9. The method according to claim 1, further comprising administering supplemental nicotinamide to the subject.

10. The method according to claim 1, wherein an effective amount of the NAMPT inhibitor is administered to the subject in a pharmaceutical composition comprising at least one pharmaceutically acceptable excipient.

11. The method according to claim 1, wherein the subject is a mammal.

12. The method according to claim 1, wherein the subject is a human.

13. A method of treating cancer in a subject having elevated PPM1D in a biopsy obtained from said subject, the method comprising administering to said subject an effective amount of a NAMPT inhibitor.
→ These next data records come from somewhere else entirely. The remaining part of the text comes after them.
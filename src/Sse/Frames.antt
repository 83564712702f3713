-- ===== src/Sse/Frames.antt =====
-- The framing reads back what a server writes as `data: <payload>` and a blank line.
use mathlib.Core.Path.{subst}
use llmgate.Prelude.{
  is_empty, ℕ, ◌+◌, ◌-◌, ◌≤◌, ◌<◌, ◌≡◌, ◌≢◌, ◌∙◌, refl, sym, ap, inl, inr, List, [], ◌∷◌, ◌++◌,
  append_assoc, Text, map, length, length-append, arith, ltb, Bool-cases, true, false, text, All,
  All-append, All-append_right, All_mono, take-length-append, take,
}
use llmgate.Prelude.Strings.{strip_prefix, strip_suffix, ends_with, append_of_ends_with}
use llmgate.Sse.Utf8.{is_utf8, from_utf8_lossy, from_utf8_lossy_of_utf8}
use llmgate.Sse.Chunks.{push_all, concat, push_all-concat, push_lem, drain_lines-partial}
use llmgate.Sse.{
  SseFraming, max_buffer_bytes, clear_event, or_self, pop, end_event, accept_data, add_data,
  on_line, on_byte, drain_lines,
}

-- Text with no line break in it, as JSON is when it is printed on one line.
abbrev pub IsPlain : ℕ → Type 0
IsPlain b = (b ≢ b'\n') × (b ≢ b'\r')

pub record IsLine (p : Text) : Type 0 where
  pub plain : All IsPlain p
  pub good : is_utf8 p ≡ true
  pub fits : length p < max_buffer_bytes

-- `data: <payload>` and a blank line.
abbrev pub frame : Text → Text
frame p = text "data: " ++ (p ++ b'\n' ∷ b'\n' ∷ [])

-- A line that does not end in `\r` is taken as it is.
keeps_line : (line : Text) → All IsPlain line → or_self line (strip_suffix (b'\r' ∷ []) line) ≡ line
unfolding strip_suffix
keeps_line line plain = elim (Bool-cases (ends_with (b'\r' ∷ []) line)) [
  | inr plain_end ↦ rw plain_end
  | inl hit ↦
      let e = append_of_ends_with (b'\r' ∷ []) line hit in
      let front = take (length line - 1) line in
      absurd ((All-append_right IsPlain front (b'\r' ∷ []) (subst (All IsPlain) e plain)).0.1 refl)
]

-- A newline behind a line.
drain_lines-newline :
    (line rest : Text) (f : SseFraming)
    → All IsPlain line
    → drain_lines line (b'\n' ∷ rest) f ≡ (
      (on_line f line).0 ++ (drain_lines [] rest (on_line f line).1).0,
      (drain_lines [] rest (on_line f line).1).1,
    )
unfolding drain_lines on_byte
drain_lines-newline line rest f plain = rw (keeps_line line plain)

abbrev collecting : ℕ → Text → SseFraming
collecting n p = record {
  buffer = [];
  data_lines = p ++ b'\n' ∷ [];
  data_lines_bytes = 0 + (length p + 1);
  invalid_utf8_lines = n;
}

-- No event is open and nothing is buffered.
abbrev pub idle : ℕ → SseFraming
idle n = record { buffer = []; data_lines = []; data_lines_bytes = 0; invalid_utf8_lines = n }

-- The line with the payload opens the event, the blank line ends it.
on_line-data :
    (n : ℕ) (p : Text) → IsLine p → on_line (idle n) (text "data: " ++ p) ≡ ([], collecting n p)
unfolding on_line add_data accept_data strip_prefix
on_line-data n p line =
    let small : ltb max_buffer_bytes (0 + (length p + 1)) ≡ false = ground (arith, line.fits) in
    rw (line.good, accept_data, small)

is_empty-snoc : (p : Text) (b : ℕ) → is_empty (p ++ b ∷ []) ≡ false
is_empty-snoc [] b = refl
is_empty-snoc (c ∷ p) b = refl

on_line-blank : (n : ℕ) (p : Text) → IsLine p → on_line (collecting n p) [] ≡ (p ∷ [], idle n)
unfolding on_line end_event clear_event
on_line-blank n p line =
    let size : length (p ++ b'\n' ∷ []) - 1 ≡ length p =
      omega (arith, length-append p (b'\n' ∷ [])) in
    let front : pop (p ++ b'\n' ∷ []) ≡ p =
      ap (λ n. take n (p ++ b'\n' ∷ [])) size ∙ take-length-append p (b'\n' ∷ []) in
    rw (is_empty-snoc p b'\n')
      (ap (λ t. (t ∷ [], idle n)) (ap from_utf8_lossy front ∙ from_utf8_lossy_of_utf8 p line.good))

pub IsPlain-of : (b : ℕ) → b'\r' < b → IsPlain b
IsPlain-of b h = (λ e. omega arith, λ e. omega arith)

drain_lines-frame :
    (n : ℕ) (p rest : Text)
    → IsLine p
    → drain_lines [] (frame p ++ rest) (idle n)
      ≡ (p ∷ (drain_lines [] rest (idle n)).0, (drain_lines [] rest (idle n)).1)
drain_lines-frame n p rest line =
    let whole : Text = text "data: " ++ p in
    let split : frame p ++ rest ≡ whole ++ b'\n' ∷ b'\n' ∷ rest =
      ap (λ u. u ++ rest) (sym (append_assoc (text "data: ") p (b'\n' ∷ b'\n' ∷ [])))
      ∙ append_assoc whole (b'\n' ∷ b'\n' ∷ []) rest in
    let label : All IsPlain (text "data: ") = (
      IsPlain-of 100 (omega arith),
      (
        IsPlain-of 97 (omega arith),
        (
          IsPlain-of 116 (omega arith),
          (
            IsPlain-of 97 (omega arith),
            (IsPlain-of 58 (omega arith), (IsPlain-of 32 (omega arith), tt)),
          ),
        ),
      ),
    ) in
    let plain : All IsPlain whole = All-append IsPlain (text "data: ") p label line.plain in
    let inside : All (λ b. b ≢ b'\n') whole =
      All_mono IsPlain (λ b. b ≢ b'\n') (λ b h. h.0) whole plain in
    let first = on_line-data n p line in
    let second = on_line-blank n p line in
    ap (λ u. drain_lines [] u (idle n)) split
    ∙ drain_lines-partial [] whole (b'\n' ∷ b'\n' ∷ rest) (idle n) inside
    ∙ drain_lines-newline whole (b'\n' ∷ rest) (idle n) plain
    ∙ ap
        (λ (r : List Text × SseFraming).
          (r.0 ++ (drain_lines [] (b'\n' ∷ rest) r.1).0, (drain_lines [] (b'\n' ∷ rest) r.1).1))
        first
    ∙ drain_lines-newline [] rest (collecting n p) tt
    ∙ ap
        (λ (r : List Text × SseFraming).
          (r.0 ++ (drain_lines [] rest r.1).0, (drain_lines [] rest r.1).1))
        second

drain_lines-frames :
    (n : ℕ) (ps : List Text)
    → All IsLine ps
    → drain_lines [] (concat (map frame ps)) (idle n) ≡ (ps, idle n)
unfolding drain_lines
drain_lines-frames n [] lines = refl
drain_lines-frames n (p ∷ ps) (line, lines) =
    drain_lines-frame n p (concat (map frame ps)) line
    ∙ ap (λ (r : List Text × SseFraming). (p ∷ r.0, r.1)) (drain_lines-frames n ps lines)

-- Payloads that are UTF-8 with no line break, each written as a `data:` line and a blank line, are
-- read back in order, and nothing else is, however the stream of these events is cut into chunks;
-- the state is again the one between events. The stream may have up to 64 MiB.
pub push_all-frame :
    (n : ℕ) (ps chunks : List Text)
    → All IsLine ps
    → concat chunks ≡ concat (map frame ps)
    → length (concat chunks) ≤ max_buffer_bytes
    → push_all (idle n) chunks ≡ (ps, idle n)
push_all-frame n ps chunks lines cut fits =
    push_all-concat (idle n) chunks tt (omega arith)
    ∙ push_lem (idle n) (concat chunks) (omega arith)
    ∙ ap (λ u. drain_lines [] u (idle n)) cut
    ∙ drain_lines-frames n ps lines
14. A method of treating cancer in a subject having elevated PPM1D, the method comprising:

detecting in a cancer cell sample obtained from the subject an elevated level of PPM1D relative to a reference level; and

administering to said subject an effective amount of a NAMPT inhibitor.

15. The method according to claim 13, further comprising detecting in a cancer cell sample obtained from the subject an elevated level of PPM1D relative to a reference level.

16. The method according to claim 13, wherein the cancer comprises one or more mutations in the PPM1D gene.

17. The method according to claim 14, wherein the cancer comprises one or more mutations in the PPM1D gene.

18. The method according to claim 13, wherein the at least one NAMPT inhibitor is selected from the group consisting of OT-82, KPT-9274, FK866, GNE-618, LSN-3154567, STF31, GPP78, and STF118804.

19. The method according to claim 14, wherein the at least one NAMPT inhibitor is selected from the group consisting of OT-82, KPT-9274, FK866, GNE-618, LSN-3154567, STF31, GPP78, and STF118804.

20. The method according to claim 14, wherein the cancer is breast, ovarian, gastrointestinal, brain cancer, medulloblastoma or pediatric glioma.